Arnon Grunberg



On elections once again – Pfeffer in Haaretz:

‘Netanyahu’s predecessor as Likud leader, Yitzhak Shamir – a man of staunch nationalist ideals – regularly led the party out of the Knesset auditorium whenever Kahane got up to speak in his lone term as a lawmaker between 1984 and 1988. Likud then ensured, together with nearly all the other parties, that Kahane’s Kach party would no longer be allowed to run in another election. Netanyahu has no such scruples.
Ben-Gvir is essential to Netanyahu in his mission to eke out the far-right vote, which could ensure his return to power. Polling shows that a third of Otzma Yehudit’s potential voters are those who have barely, if ever, voted in the past. Bringing out those who habitually stay home on Election Day is a rare political achievement and could be the key to Netanyahu reaching the 61 lawmakers that would give him the majority that has been so elusive in the past four elections. But all this was true in the last election as well.’


‘In the elections where it had run separately, Otzma Yehudit never crossed the 3.25-percent electoral threshold and its votes were wasted. In the round of polling carried out last week, after Ben-Gvir had announced that he had failed to reach an agreement with Smotrich and Otzma Yehudit was therefore running alone, the party easily passed the threshold. In fact, in all of the polls, on the right it received the second-highest number of seats after Likud, either equaling or surpassing Shas.
This of course could have been a blip. Ben-Gvir is certainly cautious enough to think this may be the case, which is why, despite dwarfing Smotrich’s party in the polls, he agreed on Friday to merge the tickets on the basis of a 50-50 split of the top-10 spots – with Otzma Yehudit’s candidates getting lower spots on the slate. (Ben-Gvir himself is second on the ticket to Smotrich and his next candidate is placed at number five.) Now, though, there is no question about him being a doubtful candidate who risks dropping below the threshold. Instead, he is a major power broker in a possible Netanyahu governing coalition. He has banked those polls.’

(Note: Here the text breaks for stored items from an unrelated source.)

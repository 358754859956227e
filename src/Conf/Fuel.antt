-- ===== src/Conf/Fuel.antt =====
-- The loops of the parser of src/conf/pconf.cpp end: each round reads a byte.
use record_lib.Base.{ℕ, zero, suc, ◌+◌, ◌-◌, ◌≤◌, ◌<◌, Bool, true, false, List, [], arith, length}
use record_lib.Conf.{NodeType, char_t, array_ele, Conf, null, blank, State, Outcome, ok, ◌>>=◌}
use record_lib.Conf.Scan.{jumpspace, Found, unset, missing, found, starts_with}
use record_lib.Conf.Parser.{
  at_end, skip_one, Parse, chained, element, array_comma, array_round, array_loop, parse_arraylh,
  value_node,
}
use record_lib.Conf.Yields.{
  Yields, yields, refused, bind, mono, either, AllAscii, Within, jumpspace-Within, skip_one-Within,
}
use record_lib.Conf.Reads.{Read, Read-weaken, find_valid_array_value-Read}

-- The call returns with less than `k` bytes to read.
abbrev pub Total : ℕ → Parse → Type 0
Total k p =
    (s : State)
    → length s.text < k
    → AllAscii s.text
    → Yields (λ (r : State × Conf). Within (length s.text) r.0) (p s)

-- The same for a call at a position with at most `n` bytes.
abbrev pub Stays : ℕ → Outcome (State × Conf) → Type 0
Stays n = Yields (λ (r : State × Conf). Within n r.0)

Total-here :
    (k n : ℕ) (p : Parse) (s : State) → Total k p → length s.text < k → Within n s → Stays n (p s)
Total-here k n p s total small (short, ascii) =
    mono (total s small ascii) (λ r h. (omega (arith, h.0), h.1))

chained-Stays :
    (k n : ℕ) (name value : List ℕ) (ntype : NodeType) (m : Conf) (more : Parse) (s : State)
    → Total k more
    → length s.text < k
    → Within n s
    → Stays n (chained name value ntype m more s)
chained-Stays k n name value ntype m more s total small w =
    bind (Total-here k n more s total small w) (λ r h. yields h)

pub inner-Stays :
    (k n : ℕ) (name : List ℕ) (ntype : NodeType) (inner more : Parse) (s : State)
    → Total k inner
    → Total k more
    → n < k
    → Within n s
    → Stays n (inner s >>= (λ r. chained name [] ntype r.1 more r.0))
inner-Stays k n name ntype inner more s in_total more_total small w =
    bind (Total-here k n inner s in_total (omega arith) w)
      (λ r h. chained-Stays k n name [] ntype r.1 more r.0 more_total (omega (arith, h.0)) h)

element-Stays :
    (k n : ℕ) (more : Parse) (r : State × Found)
    → Total k more
    → n ≤ k
    → Read n r
    → Stays n (element more r)
unfolding element
element-Stays k n more (s, found v) total le (short, ascii) =
    either (at_end s) refused
      (chained-Stays k n [] v array_ele null more s total (omega arith) (omega arith, ascii))
element-Stays k n more (s, missing) total le h = refused
element-Stays k n more (s, unset) total le h = refused

pub value_node-Stays :
    (k n : ℕ) (more : Parse) (name : List ℕ) (r : State × Found)
    → Total k more
    → n ≤ k
    → Read n r
    → Stays n (value_node more name r)
unfolding value_node
value_node-Stays k n more name (s, found v) total le (short, ascii) =
    either (at_end s) refused
      (chained-Stays k n name v char_t null more s total (omega arith) (omega arith, ascii))
value_node-Stays k n more name (s, missing) total le h = refused
value_node-Stays k n more name (s, unset) total le h = refused

array_comma-Stays :
    (k n : ℕ) (more : Parse) (b : Bool) (s : State)
    → Total k more
    → n ≤ k
    → Within n s
    → Stays n (array_comma more b s)
unfolding array_comma
array_comma-Stays k n more true s total le (short, ascii) =
    let (skipped, ascii') = skip_one-Within s ascii in
    either (starts_with b',' s.text)
      (bind (find_valid_array_value-Read (skip_one s) ascii')
        (λ r h. element-Stays k n more r total le (Read-weaken _ n r (omega arith) h)))
      refused
array_comma-Stays k n more false s total le (short, ascii) =
    bind (find_valid_array_value-Read s ascii)
      (λ r h. element-Stays k n more r total le (Read-weaken _ n r short h))

-- The closing bracket of an array or a block.
pub closed-Stays :
    (n level : ℕ) (s : State)
    → Within n s
    → Stays n (ok (record (skip_one s) { level = level }, blank))
closed-Stays n level s (short, ascii) =
    let (skipped, ascii') = skip_one-Within s ascii in yields (omega arith, ascii')

array_round-Stays :
    (k n : ℕ) (more : Parse) (b : Bool) (s : State)
    → Total k more
    → n ≤ k
    → Within n s
    → Stays n (array_round more b s)
unfolding array_round
array_round-Stays k n more b s total le w = either (at_end s) refused (
    either (starts_with b']' s.text) (closed-Stays n (s.level - 1) s w)
      (array_comma-Stays k n more b s total le w))

array_loop-Total : (k : ℕ) (b : Bool) → Total k (array_loop k b)
unfolding array_loop
array_loop-Total zero b s small ascii = absurd (omega arith)
array_loop-Total (suc k) b s small ascii = either (at_end s) (yields (omega arith, ascii)) (
    array_round-Stays k (length s.text) (array_loop k true) b (jumpspace s)
      (array_loop-Total k true) (omega arith) (jumpspace-Within s ascii))

pub parse_arraylh-Total : (k : ℕ) → Total k (parse_arraylh k)
unfolding parse_arraylh
parse_arraylh-Total k s small ascii =
    array_loop-Total k false (record s { level = s.level + 1 }) small ascii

‘The 46-year-old Ben-Gvir was the head of Kach’s youth department back in 1994 when, in the wake of the Hebron massacre carried out by Kach veteran Baruch Goldstein – whose picture until recently hung in the Ben-Gvir family’s living room – the movement was proscribed as a terror organization. He was arrested dozens of times and forbidden to join the Israeli army as a result.
Ben-Gvir’s life mission is to succeed where Kahane failed and make the movement, which was renamed Otzma Yehudit (Jewish Power) and changed parts of its platform so it could run again for the Knesset, as a legitimate, mainstream political party. That’s why he ostensibly accepted the rules and became a lawyer, and it’s why he admonishes his young admirers when they cry “Death to the Arabs!” Every time Ben-Gvir is interviewed as a legitimate politician, as he is nowadays daily, he is another step closer to his goal.
He could quite likely have won more Knesset seats in this election if Otzma Yehudit had done it alone. But he craves the little bit of establishment respectability that Smotrich has within the religious Zionist community that once shunned Kahane. And, more than anything, he wants to be openly acknowledged by Israel’s great leader Netanyahu.’


‘Ben-Gvir is perfectly aware of such an outcome. But for now, he is on an equal footing with the other party leaders in a potential Likud government, a senior partner to Netanyahu. This is a feat that was unimaginable back in the days when he and his fellow Kahanists were outcasts on the furthest margins of Israeli politics.’

Read the article here.

The eighties were in hindsight innocent.

Compared to what nowadays are considered rightwing political parties or rightwing politicians, the right in the eighties, not only in Israel, was so civilized.

Most countries have their own brand of Kahanism.

And not only N. but too many politicians in general are willing to cover themselves in dirt in order to win elections.

Sometimes they are indistinguishable from the dirt they think they need to win.